We can NOT ban table abuse in some cases and not in others. Sure, maybe you can tell when it's being used as a second hand (which is entirely subjective regardless), but we can't realistically expect all judges to have the same discretion. Either keep table abuse legal or disallow it entirely; there can't be any in-between.

Personally, I'm very much for keeping table abuse legal for the following reasons:
- It's too hard to specify what's table abuse and what's not. (i.e. The cube must start and end on the Stackmat; how long would you be allowed to keep it touching the mat? Is it legal to drop the cube accidentally? How about on purpose? Assuming dropping the cube is legal, how do you define dropping so a judge could determine its legality without video evidence?)
- It changes the nature of the event. People have been practicing OH this way for years to the point where it would require very different skills to become world class. Would we then need to entirely reset the rankings and invalidate the efforts of those who have been practicing according to the regulations?

I'm not saying major changes like this should never be made; rather they should only be made if their pros greatly outweigh their cons. In this case, the only pro I see is that some (?) of the community would be more satisfied with this change. Based on the backlash from this post and the general acceptance of the OH regulations however, I can confidently say that this pro hardly exists regardless.


----------



## h2f (Jan 7, 2019)

Underwatercuber said:


> He started the stop watch himself on his 41/41 and also for like 5 attempts which can be found all his cubes were given to him in his preferred orientation, first time it could slide since it wasn’t his fault but he continued to let it happen which is against the spirit of the regs for sure.

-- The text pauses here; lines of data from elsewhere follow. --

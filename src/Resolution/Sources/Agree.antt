-- ===== src/Resolution/Sources/Agree.antt =====
-- The two readings of a logged answer, and what a valid live answer is.
use agentbeacon.Base.{none, some, true, Option, String, ◌≡◌, arith, Bool, filter_some}
use agentbeacon.Resolution.Sources.{
  AnswerSource, historical_answer_source, historical_answer_source_ref,
}
use agentbeacon.Resolution.Parts.{parse_parts, top_role, Payload}

abbrev pub source_of : Option (String × Option String) → Option AnswerSource
source_of none = none
source_of (some (b, t)) = some (record { batch_id = b; answer_text = t })

-- What is read of a payload is what is read of its role and its parts.
pub historical_sources_agree :
    (payload : Payload)
    → historical_answer_source payload ≡ elim (parse_parts payload) [
      | none ↦ none
      | some parts ↦ source_of (historical_answer_source_ref (top_role payload) parts)
    ]
unfolding historical_answer_source historical_answer_source_ref
historical_sources_agree payload = ground arith

filter_some-holds :
    {A : Type 0} (p : A → Bool) (o : Option A) (a : A) → filter_some p o ≡ some a → p a ≡ true
filter_some-holds p none a h = absurd (cc)
filter_some-holds p (some b) a h = ground arith
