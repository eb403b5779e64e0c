-- ===== src/Resolution/Size/Fit.antt =====
-- scheduler/src/resolution.rs: `fit_answer_text` cuts an answer to the longest text that fits.
use agentbeacon.Base.{
  ℕ, ◌+◌, ◌-◌, ◌≤◌, ◌<◌, ◌≡◌, refl, ap, sym, ◌∙◌, ◌⊎◌, inl, inr, Bool, true, false, Option, some,
  String, Char, ℤ, pos, ltb_ℤ, leb, sub_ℕ, len, slice, ◌⧺◌, len-cons, cons-append, nil-append,
  slice-append_left, arith, Bool-cases, if◌then◌else◌, leb→le, len_utf8,
}
use agentbeacon.Resolution.Size.{
  marker_serialized_cap_bytes, char_escaped_width, escaped_len, serialized_marker_bytes, normalized,
  fit_loop, fit_answer_text,
}

-- The text that the loop lets through.
taken : ℤ → ℕ → String → String
taken budget acc String.[] = String.[]
taken budget acc (String.◌∷◌ c s) =
    let more = String.◌∷◌ c (taken budget (acc + char_escaped_width c) s) in
    if ltb_ℤ budget (pos (acc + char_escaped_width c)) then String.[] else more

fit_loop-taken :
    (budget : ℤ) (acc i : ℕ) (s : String) → fit_loop budget acc i i s ≡ i + len (taken budget acc s)
unfolding fit_loop taken
fit_loop-taken budget acc i String.[] = omega arith
fit_loop-taken budget acc i (String.◌∷◌ c s) =
    elim (Bool-cases (ltb_ℤ budget (pos (acc + char_escaped_width c)))) [
      | inl over ↦ rw over (omega arith)
      | inr fits ↦ rw fits (
          omega (
            arith,
            len-cons c (taken budget (acc + char_escaped_width c) s),
            fit_loop-taken budget (acc + char_escaped_width c) (i + len_utf8 c) s,
          ))
    ]

-- What comes after the text that is let through: nothing, or a character that does not fit.
abbrev Stops : ℕ → ℕ → String → String → Type 0
Stops budget acc p rest =
    (rest ≡ String.[])
    ⊎ ((c : Char) × (t : String) × (rest ≡ String.◌∷◌ c t)
        × (budget < acc + escaped_len p + char_escaped_width c))

Stops-cons :
    (budget acc : ℕ) (c : Char) (p rest : String)
    → Stops budget (acc + char_escaped_width c) p rest
    → Stops budget acc (String.◌∷◌ c p) rest
unfolding escaped_len
Stops-cons budget acc c p rest (inl e) = inl e
Stops-cons budget acc c p rest (inr (d, t, e, over)) = inr (d, t, e, omega arith)

taken_split :
    (budget acc : ℕ) (s : String)
    → (rest : String) × (s ≡ (taken (pos budget) acc s ⧺ rest))
      × Stops budget acc (taken (pos budget) acc s) rest
unfolding taken escaped_len
taken_split budget acc String.[] = (String.[], sym (nil-append String.[]), inl refl)
taken_split budget acc (String.◌∷◌ c s) =
    elim (Bool-cases (ltb_ℤ (pos budget) (pos (acc + char_escaped_width c)))) [
      | inl over ↦ (
        String.◌∷◌ c s,
        rw over (sym (nil-append (String.◌∷◌ c s))),
        inr (c, s, refl, rw over (ground arith)),
      )
      | inr fits ↦
          let (rest, e, stops) = taken_split budget (acc + char_escaped_width c) s in
          (
            rest,
            rw fits (ap (String.◌∷◌ c) e ∙ sym (cons-append c _ rest)),
            rw fits (Stops-cons budget acc c _ rest stops),
          )
    ]

escaped_len-taken :
    (budget acc : ℕ) (s : String)
    → acc ≤ budget
    → acc + escaped_len (taken (pos budget) acc s) ≤ budget
unfolding taken escaped_len
escaped_len-taken budget acc String.[] h = omega arith
escaped_len-taken budget acc (String.◌∷◌ c s) h =
    elim (Bool-cases (ltb_ℤ (pos budget) (pos (acc + char_escaped_width c)))) [
      | inl over ↦ rw over (omega arith)
      | inr fits ↦
          rw fits
            (omega (arith, escaped_len-taken budget (acc + char_escaped_width c) s (ground arith)))
    ]

-- The prefix that a budget cuts, read off the loop.
slice-taken :
    (budget : ℕ) (a : String) → slice a 0 (fit_loop (pos budget) 0 0 0 a) ≡ taken (pos budget) 0 a
slice-taken budget a =
    let (rest, e, stops) = taken_split budget 0 a in
    let p = taken (pos budget) 0 a in
    let cut : fit_loop (pos budget) 0 0 0 a ≡ len p =
      omega (arith, fit_loop-taken (pos budget) 0 0 a) in
    ap (slice a 0) cut ∙ ap (λ (t : String). slice t 0 (len p)) e ∙ slice-append_left p rest

sub_ℕ_pos : (a b : ℕ) → b ≤ a → sub_ℕ a b ≡ pos (a - b)
sub_ℕ_pos a b h = ground arith

-- The size of a marker grows with its answer text alone.
module _ (batch_id : String) (escalation : Option ℤ) (event_id : ℤ) (at : String) where
  abbrev size : Option String → Bool → ℕ
  size = serialized_marker_bytes batch_id escalation event_id at

  size-some : (p : String) → size (some p) true ≡ size (some "") true + escaped_len p
  unfolding serialized_marker_bytes escaped_len
  size-some p = omega arith

  size-normalized-le : (p : String) → size (normalized p) true ≤ size (some p) true
  unfolding serialized_marker_bytes
  size-normalized-le p = ground arith

  -- The result, with the budget as a plain number.
  abbrev fitted : String → String → Option String × Bool
  fitted a prefix =
      if leb (size (normalized a) false) marker_serialized_cap_bytes
      then (normalized a, false)
      else (normalized prefix, true)

  abbrev room : ℕ
  room = marker_serialized_cap_bytes - size (some "") true

  module _ (a : String) (envelope : size (some "") true ≤ marker_serialized_cap_bytes) where
    fit_answer_text_form :
        fit_answer_text batch_id escalation event_id at a ≡ fitted a (taken (pos room) 0 a)
    unfolding fit_answer_text
    fit_answer_text_form =
        ap (λ (b : ℤ). fitted a (slice a 0 (fit_loop b 0 0 0 a))) (sub_ℕ_pos _ _ envelope)
        ∙ ap (fitted a) (slice-taken room a)

    taken-le : size (normalized (taken (pos room) 0 a)) true ≤ marker_serialized_cap_bytes
    taken-le =
        let p = taken (pos room) 0 a in
        omega (
          arith,
          size-normalized-le p,
          size-some p,
          escaped_len-taken room 0 a (omega arith),
          envelope,
        )

    -- Where the envelope leaves room, the fitted answer makes a marker within the cap.
    pub fit_answer_text-le :
        let (text, truncated) = fit_answer_text batch_id escalation event_id at a in
        size text truncated ≤ marker_serialized_cap_bytes
    fit_answer_text-le =
        rw fit_answer_text_form
          (elim (Bool-cases (leb (size (normalized a) false) marker_serialized_cap_bytes)) [
            | inl whole ↦ rw whole (leb→le _ _ whole)
            | inr long ↦ rw long taken-le
          ])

It wasnt proved it was cheat. He didnt get a ban etc.


----------



## Underwatercuber (Jan 7, 2019)

h2f said:


> It wasnt proved it was cheat. He didnt get a ban etc.


I would say he was cheating by doing so. Also cheating =/= punishment (extreme example is vladislav Ushakov). I don’t think they were big things that need punishment but I would definitely consider it to be cheating. WCA deemed it not worthy of punishment and discussed it here
https://www.worldcubeassociation.org/archive/forum_topics/1162


----------



## Klaudiusz Szyprocinski (Jan 7, 2019)

xyzzy said:


> _You_ think table abuse makes solves illegitimate. The vast majority of people don't think WF results are illegitimate; it's just an unpopular event. I have no comment about Magic and Master Magic because those are from before my time.
> 
> If the regulations are to be changed to reflect that (but they won't, so this is a silly hypothetical), it would make sense to go one step further to invalidate older solves that are now considered illegitimate as well, considering how heavily populated the top of the current rankings are with table-abuse-heavy solvers.



Do you know that once cubes with logos were allowed in 3BLD event?

I could apply your argument towards every solve where cube with logo was used. And according to you we should retroactively DNF all such results. Your original argument just doesn't work here and changing it over and over again won't make you appear smarter.



h2f said:


> It wasnt proved it was cheat. He didnt get a ban etc.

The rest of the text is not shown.